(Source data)
★ ★ ★ ★ ★ ★ ★

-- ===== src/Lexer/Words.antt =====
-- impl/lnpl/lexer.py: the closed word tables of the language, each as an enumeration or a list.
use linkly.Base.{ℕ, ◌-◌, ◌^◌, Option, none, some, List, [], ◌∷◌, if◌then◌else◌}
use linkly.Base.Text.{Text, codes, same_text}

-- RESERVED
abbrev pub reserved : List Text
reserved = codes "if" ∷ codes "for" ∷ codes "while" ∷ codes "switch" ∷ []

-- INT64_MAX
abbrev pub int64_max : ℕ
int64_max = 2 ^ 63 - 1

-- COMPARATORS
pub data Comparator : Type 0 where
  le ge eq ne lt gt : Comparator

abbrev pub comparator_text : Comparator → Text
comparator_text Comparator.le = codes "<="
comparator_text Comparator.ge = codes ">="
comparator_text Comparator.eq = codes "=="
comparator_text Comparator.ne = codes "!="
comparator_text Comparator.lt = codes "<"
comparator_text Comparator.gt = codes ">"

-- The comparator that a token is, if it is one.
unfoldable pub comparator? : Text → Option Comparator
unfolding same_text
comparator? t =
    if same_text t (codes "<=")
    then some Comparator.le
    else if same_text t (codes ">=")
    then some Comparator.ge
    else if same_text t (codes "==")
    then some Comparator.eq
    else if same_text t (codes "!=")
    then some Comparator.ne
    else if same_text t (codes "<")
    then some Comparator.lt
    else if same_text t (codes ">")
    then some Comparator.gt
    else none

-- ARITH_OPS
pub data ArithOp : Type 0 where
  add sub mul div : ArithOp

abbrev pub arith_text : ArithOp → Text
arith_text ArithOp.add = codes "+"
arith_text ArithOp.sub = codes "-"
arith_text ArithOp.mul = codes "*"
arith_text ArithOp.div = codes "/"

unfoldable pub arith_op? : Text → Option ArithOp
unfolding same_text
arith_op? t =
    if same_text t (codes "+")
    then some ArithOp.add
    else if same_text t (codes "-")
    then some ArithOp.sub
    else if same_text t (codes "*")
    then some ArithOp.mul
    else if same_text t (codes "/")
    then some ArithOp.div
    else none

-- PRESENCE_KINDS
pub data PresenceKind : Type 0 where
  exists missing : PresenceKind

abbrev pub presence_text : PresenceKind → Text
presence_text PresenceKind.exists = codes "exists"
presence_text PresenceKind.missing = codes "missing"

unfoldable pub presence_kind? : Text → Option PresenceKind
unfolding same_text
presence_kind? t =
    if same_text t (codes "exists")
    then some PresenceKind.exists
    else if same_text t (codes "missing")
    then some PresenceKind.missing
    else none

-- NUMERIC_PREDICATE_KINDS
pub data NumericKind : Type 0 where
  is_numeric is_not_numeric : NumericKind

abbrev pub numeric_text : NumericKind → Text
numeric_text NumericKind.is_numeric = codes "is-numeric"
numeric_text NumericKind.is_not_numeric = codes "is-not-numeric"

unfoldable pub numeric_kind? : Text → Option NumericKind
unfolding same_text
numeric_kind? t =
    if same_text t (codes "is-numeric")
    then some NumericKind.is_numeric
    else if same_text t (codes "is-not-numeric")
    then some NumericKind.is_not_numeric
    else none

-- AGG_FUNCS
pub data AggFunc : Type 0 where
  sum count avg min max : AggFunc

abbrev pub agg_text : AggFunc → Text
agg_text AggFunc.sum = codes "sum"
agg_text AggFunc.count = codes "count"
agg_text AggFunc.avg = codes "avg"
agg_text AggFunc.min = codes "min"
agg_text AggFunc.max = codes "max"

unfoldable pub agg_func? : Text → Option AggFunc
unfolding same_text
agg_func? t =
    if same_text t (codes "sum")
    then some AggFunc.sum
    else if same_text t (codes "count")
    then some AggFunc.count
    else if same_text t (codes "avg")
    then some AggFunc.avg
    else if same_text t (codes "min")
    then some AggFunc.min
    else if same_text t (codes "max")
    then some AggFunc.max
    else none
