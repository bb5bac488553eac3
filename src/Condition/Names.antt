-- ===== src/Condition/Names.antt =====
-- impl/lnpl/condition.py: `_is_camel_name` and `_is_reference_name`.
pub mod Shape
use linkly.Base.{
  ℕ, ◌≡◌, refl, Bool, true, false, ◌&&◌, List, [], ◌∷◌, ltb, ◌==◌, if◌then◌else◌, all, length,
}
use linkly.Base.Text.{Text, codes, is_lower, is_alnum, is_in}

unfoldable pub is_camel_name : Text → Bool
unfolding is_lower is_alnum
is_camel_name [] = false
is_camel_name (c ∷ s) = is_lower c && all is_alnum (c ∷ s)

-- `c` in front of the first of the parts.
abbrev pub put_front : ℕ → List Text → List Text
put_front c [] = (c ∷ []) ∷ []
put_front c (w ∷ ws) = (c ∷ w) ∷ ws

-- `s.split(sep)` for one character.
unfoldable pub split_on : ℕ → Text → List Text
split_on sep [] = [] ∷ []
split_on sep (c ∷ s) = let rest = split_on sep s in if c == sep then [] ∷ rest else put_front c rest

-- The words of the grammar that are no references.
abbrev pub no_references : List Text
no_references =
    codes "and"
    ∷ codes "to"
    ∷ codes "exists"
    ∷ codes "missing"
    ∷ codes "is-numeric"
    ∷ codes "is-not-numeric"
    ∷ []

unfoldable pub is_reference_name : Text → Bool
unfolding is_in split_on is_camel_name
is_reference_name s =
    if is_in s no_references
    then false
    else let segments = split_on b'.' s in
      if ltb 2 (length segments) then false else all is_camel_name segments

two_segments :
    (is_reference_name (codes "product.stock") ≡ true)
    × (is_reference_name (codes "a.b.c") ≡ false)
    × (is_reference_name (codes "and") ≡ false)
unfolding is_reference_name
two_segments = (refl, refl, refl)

★ ★ ★ ★ ★ ★ ★

Your response should hold only an exact copy of the lines above, from the one containing "abbrev pub put_front" through the end of the entries.

• [OUTPUT FOR THIS TASK]
abbrev pub put_front : ℕ → List Text → List Text
put_front c [] = (c ∷ []) ∷ []
put_front c (w ∷ ws) = (c ∷ w) ∷ ws

-- `s.split(sep)` for one character.
unfoldable pub split_on : ℕ → Text → List Text
split_on sep [] = [] ∷ []
split_on sep (c ∷ s) = let rest = split_on sep s in if c == sep then [] ∷ rest else put_front c rest

-- The words of the grammar that are no references.
abbrev pub no_references : List Text
no_references =
    codes "and"
    ∷ codes "to"
    ∷ codes "exists"
    ∷ codes "missing"
    ∷ codes "is-numeric"
    ∷ codes "is-not-numeric"
    ∷ []

unfoldable pub is_reference_name : Text → Bool
unfolding is_in split_on is_camel_name
is_reference_name s =
    if is_in s no_references
    then false
    else let segments = split_on b'.' s in
      if ltb 2 (length segments) then false else all is_camel_name segments

two_segments :
    (is_reference_name (codes "product.stock") ≡ true)
    × (is_reference_name (codes "a.b.c") ≡ false)
    × (is_reference_name (codes "and") ≡ false)
unfolding is_reference_name
two_segments = (refl, refl, refl)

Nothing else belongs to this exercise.